One of the things that has really impressed me so far is the integration of the science and the technology. The computer system that records measurements is integrated into the ruler and scale right at the work bench (the fish measuring board). When we take samples from the specimen, a label is printed right at the station, and the sample is placed into either an envelope, zip bag, or jar for further handling. It reminds me of how technology makes the job of science more streamlined. I can’t imagine how long it would take for the processing and sampling of the fish if we had to take all of the measurements by hand! Technology is a valuable tool for scientists at sea.

Careers at Sea

Henry Bigelow Engine Room
Henry Bigelow Engine Room

We left port on Tuesday, September 23. Before we left, I had a chance to explore the ship and ran into chief engineer Craig Moran. He sent me to the engine room for a tour, and I met John Hohmann. John is the first engineer on the Henry Bigelow. He showed me around the engine room including the generators, the water system, and the shaft to the propeller. It was pretty quiet in the engine room since we hadn’t left yet, but it is a loud, warm place when the ship is at sea.

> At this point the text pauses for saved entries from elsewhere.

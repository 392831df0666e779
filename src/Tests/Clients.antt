-- ===== src/Tests/Clients.antt =====
-- A request with a body.
use ats_fastcgi.Common.{
  ℕ, zero, suc, ◌+◌, ◌≡◌, refl, ap, List, [], ◌∷◌, ◌++◌, Bytes, length, some, codes, arith, equal,
  leb, leb→le, true, Outcome, ok, c_string, read_int,
}
use ats_fastcgi.StringMap.{less, index, assign, StringMap, find}
use ats_fastcgi.StringMap.Laws.{IsSorted}
use ats_fastcgi.Config.Settings.{default_config}
use ats_fastcgi.Headers.{
  set_all, ends_with, to_upper, add_fields, Transaction, http_name, client_fields, request_script,
  generate_fcgi_request_headers,
}
use ats_fastcgi.Headers.Variables.{last_value, named, assignments, generate-find, generate-own}
use ats_fastcgi.Client.{
  buffer_size, size_buffer, add_field, content_fields, add_content_fields, new_client_request,
}
use ats_fastcgi.Client.Buffer.{IsPost, new_client_request-post, new_client_request-sends}
use ats_fastcgi.Response.Stream.{encode_all}
use ats_fastcgi.Request.{
  name_value_bytes, length_bytes, ClientState, create_begin_request, post_body_chunk,
  add_client_request,
}
use ats_fastcgi.Request.Bounds.{params_bytes}
use ats_fastcgi.Request.Frames.{request_messages, AllMessages}
use ats_fastcgi.Request.Bodies.{post_messages}

abbrev block : ℕ → Bytes
block zero = []
block (suc n) = 0 ∷ block n

length-block : (n : ℕ) → length (block n) ≡ n
length-block zero = refl
length-block (suc n) = ap suc (length-block n)

abbrev post_fields : List (Bytes × Bytes)
post_fields = (codes "Content-Length", codes "3") ∷ []

abbrev post : Transaction
post = record {
  fields = some post_fields;
  path = codes "forms/";
  query = codes "id=1";
  method = codes "POST";
  content_length = some (codes "3");
  content_type = some (codes "text/plain");
}

abbrev root_dir : Bytes
root_dir = codes "/var/www/html/"

abbrev script_path : Bytes
script_path = codes "forms/index.php"

post-script : request_script default_config post ≡ ok script_path
unfolding request_script
post-script = refl

post-IsPost : IsPost post post_fields (codes "3") 3
unfolding c_string read_int
post-IsPost = record {
  fields_eq = refl;
  method_eq = refl;
  length_eq = refl;
  value_eq = refl;
  small = omega arith;
}

generate-find_example :
    (m : StringMap) × (generate_fcgi_request_headers default_config post ≡ ok m)
    × IsSorted m
    × ((name : Bytes) → find name m ≡ last_value name (assignments root_dir script_path post))
generate-find_example = generate-find default_config post root_dir script_path refl post-script

-- The parameters of the request.
made :
    (m : StringMap) × (generate_fcgi_request_headers default_config post ≡ ok m)
    × IsSorted m
    × ((name : Bytes) → find name m ≡ last_value name (assignments root_dir script_path post))
made = generate-find default_config post root_dir script_path refl post-script

generate-own_example :
    ((field : Bytes)
      → find (http_name field) made.0 ≡ last_value (http_name field) (named (client_fields post)))
    × (find (codes "SCRIPT_FILENAME") made.0 ≡ some (root_dir ++ script_path))
    × (find (codes "DOCUMENT_ROOT") made.0 ≡ some root_dir)
    × (find (codes "REQUEST_METHOD") made.0 ≡ some (codes "POST"))
    × (find (codes "QUERY_STRING") made.0 ≡ some (codes "id=1"))
    × (find (codes "FCGI_ROLE") made.0 ≡ some (codes "RESPONDER"))
    × (find (codes "SCRIPT_NAME") made.0 ≡ some (codes "/" ++ script_path))
    × (find (codes "REQUEST_URI") made.0 ≡ some (codes "/" ++ script_path))
    × (find (codes "GATEWAY_INTERFACE") made.0 ≡ some (codes "FastCGI/1.1"))
    × (find (codes "SERVER_SOFTWARE") made.0 ≡ some (codes "ATS 7.1.1"))
    × (find (codes "SERVER_NAME") made.0 ≡ some (codes "ATS 7.1.1"))
    × (find (codes "SERVER_ADDR") made.0 ≡ some (codes "127.0.0.1"))
    × (find (codes "SERVER_PORT") made.0 ≡ some (codes "60000"))
    × (find (codes "SERVER_PROTOCOL") made.0 ≡ some (codes "HTTP/1.1"))
    × (find (codes "REMOTE_ADDR") made.0 ≡ some (codes "127.0.0.1"))
    × (find (codes "REMOTE_PORT") made.0 ≡ some (codes "8090"))
generate-own_example =
    generate-own default_config post root_dir script_path made.0 refl post-script made.1

new_client_request-post_example :
    (st : ClientState) × (new_client_request block default_config 9 post ≡ ok st)
    × (length st.buff ≡ 5000 + 3)
    × (st.p_buff_inc ≡ 0)
    × (find (codes "CONTENT_LENGTH") st.request_headers ≡ some (c_string (codes "3")))
new_client_request-post_example =
    new_client_request-post block length-block default_config 9 post root_dir script_path
      post_fields (codes "3") 3 refl post-script post-IsPost

-- The new request, or an empty one.
abbrev made_or_empty : Outcome ClientState → ClientState
made_or_empty (ok st) = st
made_or_empty _ = record { request_id = 0; request_headers = []; buff = []; p_buff_inc = 0 }

abbrev request : ClientState
request = made_or_empty (new_client_request block default_config 9 post)

request-made : new_client_request block default_config 9 post ≡ ok request
unfolding generate_fcgi_request_headers client_fields add_fields http_name to_upper request_script
    ends_with set_all assign index find less add_content_fields content_fields add_field size_buffer
    buffer_size c_string read_int equal new_client_request
request-made = refl

request-small : leb (length (params_bytes request.request_headers)) 4968 ≡ true
unfolding generate_fcgi_request_headers client_fields add_fields http_name to_upper request_script
    ends_with set_all assign index find less add_content_fields content_fields add_field size_buffer
    buffer_size c_string read_int equal new_client_request name_value_bytes length_bytes
request-small = refl

new_client_request-sends_example :
    (st1 st2 : ClientState) × (create_begin_request request ≡ ok st1)
    × (add_client_request st1 ≡ encode_all (request_messages request))
    × AllMessages (request_messages request)
    × (post_body_chunk (codes "a=1") st1 ≡ ok st2)
    × (add_client_request st2 ≡ encode_all (post_messages (codes "a=1") st1))
    × AllMessages (post_messages (codes "a=1") st1)
new_client_request-sends_example =
    new_client_request-sends block length-block default_config 9 post root_dir script_path
      post_fields (codes "3") 3 request (codes "a=1") refl post-script post-IsPost request-made
      (omega (arith, leb→le _ _ request-small)) (omega arith) (omega arith)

I had a chance to chat with John about his background in engineering. He has a specialization in marine engineering. Marine engineers really need to be a jack-of-all-trades when we are out at sea. If anything is not working right on the ship, they are called out to fix it. This can include any of the machinery in the engine room, the electrical systems, the water purification system, and even fixing the cooking equipment in the galley! Life at sea can be demanding as they can be called at any time day or night to fix an integral piece of machinery. However, engineers generally work 30 days at sea and then are home for 30 days. One thing John wanted you all to know is that there will always be jobs for engineers. If you are interested in marine engineering, it can help you travel the world. John has been all over the world to many interesting countries. The other thing that I found interesting is that he says you need to be able read and follow instruction manuals in order to fix an issue. He also said an essential skill for an engineer is problem solving. Marine engineering entails a lot more than I had initially thought, and it is really cool to be able to talk to John and learn about marine engineering from him first hand.

Personal Log

I arrived to the ship Monday evening (September 22). Since the ship wasn’t scheduled to leave port until the next day, most of the team was not on board yet. I was able to find my stateroom and get settled in. Tuesday, things started to pick up on ship. There was a dive at 9:00 to check the hull of the ship, so I had a chance to watch the divers slide into the water and later climb back out. The rest of the science team arrived just in time for lunch. I then had time to explore the ship (I found the important places: the laundry room and the gym!), and get to know the science team a little bit better. The ship started undocking around 16:00 (4:00 pm), and we were on our way to sea. We went up to the flying bridge, the highest deck on the ship, as we left Rhode Island. It was beautiful up there as we passed by Newport and the surrounding areas. There is an old lighthouse that is now used for event spaces, and a house built up on a small rocky island. At 17:00, it was dinner time. We eat our meals in the mess, and the meals are prepared in the galley. I knew I needed to eat a good meal because my watch for the night officially started at 18:00 and would last until 24:00.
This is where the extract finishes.